Неуловимое течение времени… Молодость, дружба, музыка, кино, поцелуи, любовь… — все вибрирует Beatles. Магия иностранного языка, гениальное место — Кембридж… Иллюзии влюбленного Криса, что все это никогда не забудет, он хочет верить в абсолютную страсть.С легкой улыбкой автор рассказывает нам о сладких и горьких потерях при вступлении во взрослую жизнь. Моменты вечности и волнения смешиваются с тоской, непринужденной грацией… и музыкой языка.
Олега Зайончковского называют одним из самых оригинальных современных русских прозаиков. Его романы «Петрович», «Сергеев и городок», «Счастье возможно», «Загул» вошли в шорт-листы престижных литературных премий: «Русский Букер», «Большая книга» и «Национальный бестселлер».Герой романа «Тимошина проза» – офисный служащий на исходе каких-либо карьерных шансов. Его страсть – литература, он хочет стать писателем. Именно это занимает все его мысли, и еще он надеется встретить «женщину своей мечты». И встречает.
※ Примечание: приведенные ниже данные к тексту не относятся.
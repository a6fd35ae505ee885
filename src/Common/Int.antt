-- ===== src/Common/Int.antt =====
-- Signed integers over the native numbers, under the library's name. An `int` of the program is
-- such a number; what bounds it is said where it matters.
use Prim.Native.Nat.{ℕ, zero, suc, ◌<◌, ◌^◌}
use mathlib.Core.Bool.{Bool, true, false}

-- `negsuc n` is -(n + 1).
pub data ℤ : Type 0 where
  pos : ℕ → ℤ
  negsuc : ℕ → ℤ

abbrev pub is_negative : ℤ → Bool
is_negative (pos n) = false
is_negative (negsuc n) = true

abbrev pub abs : ℤ → ℕ
abs (pos n) = n
abs (negsuc n) = suc n

-- The integer of a sign and a magnitude.
abbrev pub of_sign : Bool → ℕ → ℤ
of_sign false n = pos n
of_sign true zero = pos zero
of_sign true (suc n) = negsuc n

-- The numbers of the type `int`.
abbrev pub IsInt : ℤ → Type 0
IsInt (pos n) = n < 2 ^ 31
IsInt (negsuc n) = n < 2 ^ 31
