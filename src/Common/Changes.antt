-- ===== src/Common/Changes.antt =====
-- A list with one element changed: what is counted in it, and its image under a map.
use Prim.Native.Nat.{ℕ, zero, suc, ◌+◌, ◌≤◌, ◌<◌}
use mathlib.Core.Path.{◌≡◌, refl, ap}
use mathlib.Core.Logic.{◌≢◌, inl, inr}
use tabmo_codding_challenge.Common.Tests.{Bool-cases}
use mathlib.Core.Bool.{Bool, true, false}
use mathlib.Core.List.{List, [], ◌∷◌, map}
use mathlib.Core.Option.{some, some-injective}
use native.Mathlib.Omega.{arith}
use tabmo_codding_challenge.Common.Lists.{get_elem?, set, count_if, All}

-- The number of a truth value.
abbrev pub bit : Bool → ℕ
bit true = 1
bit false = 0

module _ {ℓ} {A : Type ℓ} where
  pub set_same : (xs : List A) (i : ℕ) (x : A) → get_elem? xs i ≡ some x → set xs i x ≡ xs
  set_same [] i x e = refl
  set_same (y ∷ xs) zero x e = rw (some-injective _ _ e) refl
  set_same (y ∷ xs) (suc i) x e = ap (λ t. y ∷ t) (set_same xs i x e)

  -- After a change at one place: the new element, and the others at theirs.
  pub All-set_other :
      {P Q : A → Type 0} (xs : List A) (i : ℕ) (x : A)
      → All P xs
      → Q x
      → ((k : ℕ) (y : A) → k ≢ i → get_elem? xs k ≡ some y → P y → Q y)
      → All Q (set xs i x)
  All-set_other [] i x ps q keep = tt
  All-set_other (y ∷ xs) zero x (p, ps) q keep =
      (q, All_of_All xs ps (λ k z at. keep (suc k) z (omega arith) at))
    where
      All_of_All :
          {P Q : A → Type 0} (xs : List A)
          → All P xs
          → ((k : ℕ) (y : A) → get_elem? xs k ≡ some y → P y → Q y)
          → All Q xs
      All_of_All [] ps keep = tt
      All_of_All (y ∷ xs) (p, ps) keep =
          (keep 0 y refl p, All_of_All xs ps (λ k z at. keep (suc k) z at))
  All-set_other (y ∷ xs) (suc i) x (p, ps) q keep = (
    keep 0 y (omega arith) refl p,
    All-set_other xs i x ps q (λ k z ne at. keep (suc k) z (omega arith) at),
  )

  pub count_if-set :
      (p : A → Bool) (xs : List A) (i : ℕ) (x y : A)
      → get_elem? xs i ≡ some x
      → count_if p (set xs i y) + bit (p x) ≡ count_if p xs + bit (p y)
  count_if-set p [] i x y at = cc
  count_if-set p (z ∷ xs) zero x y at =
      let same : p z ≡ p x = ap p (some-injective _ _ at) in ground arith
  count_if-set p (z ∷ xs) (suc i) x y at = ground (arith, count_if-set p xs i x y at)

  pub count_if-set_same :
      (p : A → Bool) (xs : List A) (i : ℕ) (x y : A)
      → get_elem? xs i ≡ some x
      → p y ≡ p x
      → count_if p (set xs i y) ≡ count_if p xs
  count_if-set_same p xs i x y at e = ground (arith, count_if-set p xs i x y at)

  pub count_if-set_more :
      (p : A → Bool) (xs : List A) (i : ℕ) (x y : A)
      → get_elem? xs i ≡ some x
      → p x ≡ false
      → p y ≡ true
      → count_if p (set xs i y) ≡ suc (count_if p xs)
  count_if-set_more p xs i x y at e f = ground (arith, count_if-set p xs i x y at)

  abbrev pub sum_of : (A → ℕ) → List A → ℕ
  sum_of f [] = 0
  sum_of f (x ∷ xs) = f x + sum_of f xs

  pub sum_of-set :
      (f : A → ℕ) (xs : List A) (i : ℕ) (x y : A)
      → get_elem? xs i ≡ some x
      → sum_of f (set xs i y) + f x ≡ sum_of f xs + f y
  sum_of-set f [] i x y at = cc
  sum_of-set f (z ∷ xs) zero x y at =
      let same : f z ≡ f x = ap f (some-injective _ _ at) in omega arith
  sum_of-set f (z ∷ xs) (suc i) x y at = omega (arith, sum_of-set f xs i x y at)

  pub sum_of-get :
      (f : A → ℕ) (xs : List A) (i : ℕ) (x : A) → get_elem? xs i ≡ some x → f x ≤ sum_of f xs
  sum_of-get f [] i x at = cc
  sum_of-get f (z ∷ xs) zero x at =
      let same : f z ≡ f x = ap f (some-injective _ _ at) in omega arith
  sum_of-get f (z ∷ xs) (suc i) x at = omega (arith, sum_of-get f xs i x at)

  -- A sum of zeros.
  pub sum_of_zero :
      (f : A → ℕ) (xs : List A)
      → ((i : ℕ) (x : A) → get_elem? xs i ≡ some x → f x ≡ 0)
      → sum_of f xs ≡ 0
  sum_of_zero f [] zeros = refl
  sum_of_zero f (x ∷ xs) zeros =
      omega (arith, zeros 0 x refl, sum_of_zero f xs (λ i y at. zeros (suc i) y at))

  -- What is counted is there.
  pub count_if_pos :
      (p : A → Bool) (xs : List A)
      → 0 < count_if p xs
      → (i : ℕ) × (x : A) × (get_elem? xs i ≡ some x) × (p x ≡ true)
  count_if_pos p [] h = absurd (omega arith)
  count_if_pos p (x ∷ xs) h = elim (Bool-cases (p x)) [
    | inl here ↦ (0, x, refl, here)
    | inr not_here ↦ let (i, y, at, q) = count_if_pos p xs (ground arith) in (suc i, y, at, q)
  ]

  pub count_if-pos_of_get :
      (p : A → Bool) (xs : List A) (i : ℕ) (x : A)
      → get_elem? xs i ≡ some x
      → p x ≡ true
      → 0 < count_if p xs
  count_if-pos_of_get p [] i x at h = cc
  count_if-pos_of_get p (z ∷ xs) zero x at h =
      let same : p z ≡ p x = ap p (some-injective _ _ at) in ground arith
  count_if-pos_of_get p (z ∷ xs) (suc i) x at h = ground (arith, count_if-pos_of_get p xs i x at h)

  -- If at most one is counted, two places that are counted are one.
  pub count_if_unique :
      (p : A → Bool) (xs : List A) (i k : ℕ) (x y : A)
      → get_elem? xs i ≡ some x
      → get_elem? xs k ≡ some y
      → p x ≡ true
      → p y ≡ true
      → count_if p xs ≤ 1
      → i ≡ k
  count_if_unique p [] i k x y at at' h h' few = cc
  count_if_unique p (z ∷ xs) zero zero x y at at' h h' few = refl
  count_if_unique p (z ∷ xs) zero (suc k) x y at at' h h' few =
      let same : p z ≡ p x = ap p (some-injective _ _ at) in
      absurd (ground (arith, count_if-pos_of_get p xs k y at' h'))
  count_if_unique p (z ∷ xs) (suc i) zero x y at at' h h' few =
      let same : p z ≡ p y = ap p (some-injective _ _ at') in
      absurd (ground (arith, count_if-pos_of_get p xs i x at h))
  count_if_unique p (z ∷ xs) (suc i) (suc k) x y at at' h h' few =
      ap suc (count_if_unique p xs i k x y at at' h h' (ground arith))

module _ {A B : Type 0} (f : A → B) where
  pub map-set : (xs : List A) (i : ℕ) (x : A) → map f (set xs i x) ≡ set (map f xs) i (f x)
  map-set [] i x = refl
  map-set (y ∷ xs) zero x = refl
  map-set (y ∷ xs) (suc i) x = ap (λ t. f y ∷ t) (map-set xs i x)

  pub get_elem?-map :
      (xs : List A) (i : ℕ) (x : A) → get_elem? xs i ≡ some x → get_elem? (map f xs) i ≡ some (f x)
  get_elem?-map [] i x at = cc
  get_elem?-map (y ∷ xs) zero x at = ap (λ t. some (f t)) (some-injective _ _ at)
  get_elem?-map (y ∷ xs) (suc i) x at = get_elem?-map xs i x at

  pub get_elem?-map-some :
      (xs : List A) (i : ℕ) (y : B)
      → get_elem? (map f xs) i ≡ some y
      → (x : A) × (get_elem? xs i ≡ some x) × (f x ≡ y)
  get_elem?-map-some [] i y at = cc
  get_elem?-map-some (x ∷ xs) zero y at = (x, refl, some-injective _ _ at)
  get_elem?-map-some (x ∷ xs) (suc i) y at = get_elem?-map-some xs i y at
Прозаик Игорь Сахновский – автор романов «Насущные нужды умерших», «Человек, который знал всё» (награжден премией Б. Стругацкого «Бронзовая улитка», в 2008 году экранизирован) и «Заговор ангелов», сборников рассказов «Счастливцы и безумцы» (премия «Русский Декамерон») и «Острое чувство субботы».«Свобода по умолчанию» – роман о любви и о внутренней свободе «частного» человека, волею случая вовлечённого в политический абсурд. Тончайшая, почти невидимая грань отделяет жизнь скромного, невезучего служащего Турбанова от мира власть имущих, бедность – от огромных денег, законопослушность – от преступления, праздник – от конца света.
Ришар Мийе – современный французский писатель, издатель, великолепный стилист, как никто понимающий необходимость «культуры» языка для любого народа.Автор затрагивает очень важные темы – одиночество, поиск себя, попытка понять, как жить с тем, что тебе дала природа, и при этом не чувствовать себя вечно несчастным.